Cognitive Function and Memory
Ashwagandha’s effects on the brain go beyond mood. In one controlled trial, participants taking the extract for eight weeks showed faster information processing, better accuracy on attention tasks, and improved delayed word recall compared to placebo. Choice reaction time dropped from about 1,062 milliseconds at baseline to 813 milliseconds after supplementation, a much larger improvement than the placebo group achieved. Delayed word recall scores nearly doubled in the ashwagandha group, rising from about 24% to 39% of items remembered.
These improvements in working memory, processing speed, and attention align with what you’d expect from lower cortisol. Chronic stress is well known to impair the brain regions responsible for memory formation and executive function, so bringing stress hormones back to normal levels gives those systems room to work properly again.
Hormonal Effects
Ashwagandha has measurable effects on several hormones beyond cortisol. Some research suggests it can increase testosterone by roughly 15% compared to placebo, though the evidence here is less consistent than for stress reduction. One study showing this increase also had some conflicting data in its own figures, so the testosterone claim deserves a degree of caution.
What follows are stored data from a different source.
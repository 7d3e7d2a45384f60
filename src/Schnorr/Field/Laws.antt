-- ===== src/Schnorr/Field/Laws.antt =====
-- schnorr.rs, `cond_sub_p`, `fe_add`, `fe_sub`: arithmetic modulo p with one result for each residue.
use near_mock.Base.{
  ℕ, zero, suc, ◌+◌, ◌-◌, ◌*◌, ◌%◌, ◌≤◌, ◌<◌, ◌≡◌, List, arith, ltb, inl, inr, Bool-cases, ltb→lt,
  ltb→ge, lt→ltb, ◌⊎◌,
}
use near_mock.Base.{ℕ_eq}
use near_mock.Schnorr.Limbs.{
  add256, sub256, value, IsLimbs, capacity, weight-IsLimbs, value-lt, add_limbs-value,
  sub_limbs-value,
}
use near_mock.Schnorr.Field.{
  p_limbs, n_limbs, delta, p, delta_limbs, cond_sub, cond_sub_p, fold_carry, fe_mod_n, fe_add,
  fe_sub,
}

-- Addition of 256-bit numbers is exact, with a carry of 0 or 1.
pub add256-value :
    (a b : List ℕ)
    → IsLimbs 4 a
    → IsLimbs 4 b
    → IsLimbs 4 (add256 a b).0
      × ((add256 a b).1 ≤ 1)
      × (value (add256 a b).0 + capacity 4 * (add256 a b).1 ≡ value a + value b)
unfolding add256
add256-value a b ha hb =
    let (limbs, small, total) = add_limbs-value 4 a b 0 ha hb (omega arith) in
    (limbs, small, omega (arith, rw (weight-IsLimbs 4 a ha) at total))

-- Subtraction of 256-bit numbers is exact, with a borrow of 0 or 1.
pub sub256-value :
    (a b : List ℕ)
    → IsLimbs 4 a
    → IsLimbs 4 b
    → IsLimbs 4 (sub256 a b).0
      × ((sub256 a b).1 ≤ 1)
      × (value (sub256 a b).0 + value b ≡ value a + capacity 4 * (sub256 a b).1)
unfolding sub256
sub256-value a b ha hb =
    let (limbs, small, total) = sub_limbs-value 4 a b 0 ha hb (omega arith) in
    (limbs, small, omega (arith, rw (weight-IsLimbs 4 a ha) at total))

-- A canonical field element: four limbs, below p.
abbrev pub IsFe : List ℕ → Type 0
IsFe a = IsLimbs 4 a × (value a < p)

cond_sub-value :
    (m a : List ℕ)
    → IsLimbs 4 m
    → IsLimbs 4 a
    → IsLimbs 4 (cond_sub m a)
      × (((value a < value m) × (value (cond_sub m a) ≡ value a))
          ⊎ ((value m ≤ value a) × (value (cond_sub m a) + value m ≡ value a)))
unfolding cond_sub
cond_sub-value m a hm ha =
    ground
      (arith, sub256-value a m ha hm, value-lt 4 (sub256 a m).0, value-lt 4 a ha, value-lt 4 m hm)

-- One conditional subtraction reduces every 256-bit number modulo p.
pub cond_sub_p-value :
    (a : List ℕ) → IsLimbs 4 a → IsFe (cond_sub_p a) × (value (cond_sub_p a) ≡ value a % p)
unfolding cond_sub_p
cond_sub_p-value a ha =
    let (limbs, cases) = cond_sub-value p_limbs a (omega arith) ha in
    ((limbs, omega (arith, value-lt 4 a ha)), omega (arith, value-lt 4 a ha))

-- One conditional subtraction of the order of the group reduces a 256-bit number modulo the order.
pub fe_mod_n-value :
    (a : List ℕ)
    → IsLimbs 4 a
    → IsLimbs 4 (fe_mod_n a) × (value (fe_mod_n a) ≡ value a % value n_limbs)
unfolding fe_mod_n
fe_mod_n-value a ha =
    let (limbs, cases) = cond_sub-value n_limbs a (omega arith) ha in
    (limbs, omega (arith, value-lt 4 a ha))

-- Where the sum with DELTA cannot overflow again, the carry is folded in modulo p.
pub fold_carry-value :
    (s : List ℕ) (c : ℕ)
    → IsLimbs 4 s
    → c ≤ 1
    → value s + delta * c < capacity 4
    → IsFe (fold_carry (s, c)) × (value (fold_carry (s, c)) ≡ (value s + capacity 4 * c) % p)
unfolding fold_carry
fold_carry-value s zero hs hc fit = let (fe, total) = cond_sub_p-value s hs in (fe, omega arith)
fold_carry-value s (suc c) hs hc fit =
    let (wrapped, top, over) = add256-value s delta_limbs hs (omega arith) in
    let (fe, total) = cond_sub_p-value (add256 s delta_limbs).0 wrapped in
    rw (lt→ltb 0 (suc c) (omega arith), fold_carry) (fe, omega (arith, value-lt 4 _ wrapped))

-- Field addition of canonical elements is addition modulo p, and its result is canonical.
pub fe_add-value :
    (a b : List ℕ)
    → IsFe a
    → IsFe b
    → IsFe (fe_add a b) × (value (fe_add a b) ≡ (value a + value b) % p)
unfolding fe_add
fe_add-value a b ha hb =
    let (limbs, small, total) = add256-value a b ha.0 hb.0 in
    let (fe, sum) =
      fold_carry-value (add256 a b).0 (add256 a b).1 limbs small
        (omega (arith, value-lt 4 _ limbs)) in
    (fe, rw total at sum)

-- Field subtraction of canonical elements is subtraction modulo p, and its result is canonical.
pub fe_sub-value :
    (a b : List ℕ)
    → IsFe a
    → IsFe b
    → IsFe (fe_sub a b) × (value (fe_sub a b) ≡ (value a + p - value b) % p)
unfolding fe_sub
fe_sub-value a b ha hb =
    let (limbs, small, total) = sub256-value a b ha.0 hb.0 in
    let (less, once, under) = sub256-value (sub256 a b).0 delta_limbs limbs (omega arith) in
    elim (Bool-cases (ltb 0 (sub256 a b).1)) [
      | inl e ↦
          let none_left : (sub256 (sub256 a b).0 delta_limbs).1 ≡ 0 =
            omega (arith, ltb→lt 0 (sub256 a b).1 e, value-lt 4 _ limbs, value-lt 4 _ less) in
          rw (e, none_left, fe_sub)
            (
              (cond_sub_p-value _ less).0,
              omega (
                arith,
                (cond_sub_p-value _ less).1,
                ltb→lt 0 (sub256 a b).1 e,
                value-lt 4 _ less,
                value-lt 4 _ limbs,
              ),
            )
      | inr e ↦
          rw (e, fe_sub)
            (
              (limbs, omega (arith, ltb→ge 0 (sub256 a b).1 e)),
              omega (arith, ltb→ge 0 (sub256 a b).1 e),
            )
    ]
The thyroid connection is more straightforward. Studies have shown that ashwagandha can raise levels of both T3 and T4 thyroid hormones, likely through its effects on the stress response. This is relevant for people with underactive thyroid conditions, but it also means ashwagandha could push thyroid levels too high in people already taking thyroid medication or those with overactive thyroid. If you’re on thyroid treatment, this is a supplement to discuss with your prescriber before starting.
Dosage and What to Look For
Clinical trials have used doses ranging from 120 mg to 1,250 mg per day of ashwagandha extract, but the NIH’s Office of Dietary Supplements notes that benefits tend to be greater at 500 to 600 mg daily. The most commonly studied protocol is 300 mg taken twice a day.
Not all ashwagandha products are equivalent. The active compounds, called withanolides, vary widely between preparations. Clinical studies have used extracts standardized anywhere from 1.5% to over 5% withanolides. The 5% standardization is the one referenced in the international anxiety treatment recommendation, so it’s a reasonable benchmark when comparing products. Most effects in the research took six to eight weeks to fully develop, so this isn’t a supplement that works overnight.
Safety Concerns and Side Effects
Ashwagandha is generally well tolerated, but it’s not without risks. The most common side effects are gastrointestinal: nausea, stomach pain, and diarrhea, sometimes with sudden onset. Australia’s Therapeutic Goods Administration issued a safety alert after receiving 12 reports of liver problems in people taking ashwagandha products. Of those, four cases involved ashwagandha as the sole likely cause. Liver injury from ashwagandha is very rare, but it can be severe.
Warning signs of liver trouble include yellowing of the skin or eyes, dark urine, unusual tiredness, and loss of appetite. If you have a history of liver problems, ashwagandha is best avoided entirely. The risk drops significantly if you recognize symptoms early and stop taking the supplement promptly.
Because ashwagandha actively influences thyroid hormones, cortisol, and possibly testosterone, it can interact with medications that target those same systems. People taking immunosuppressants, thyroid drugs, or diabetes medications should be particularly cautious about adding it to their routine.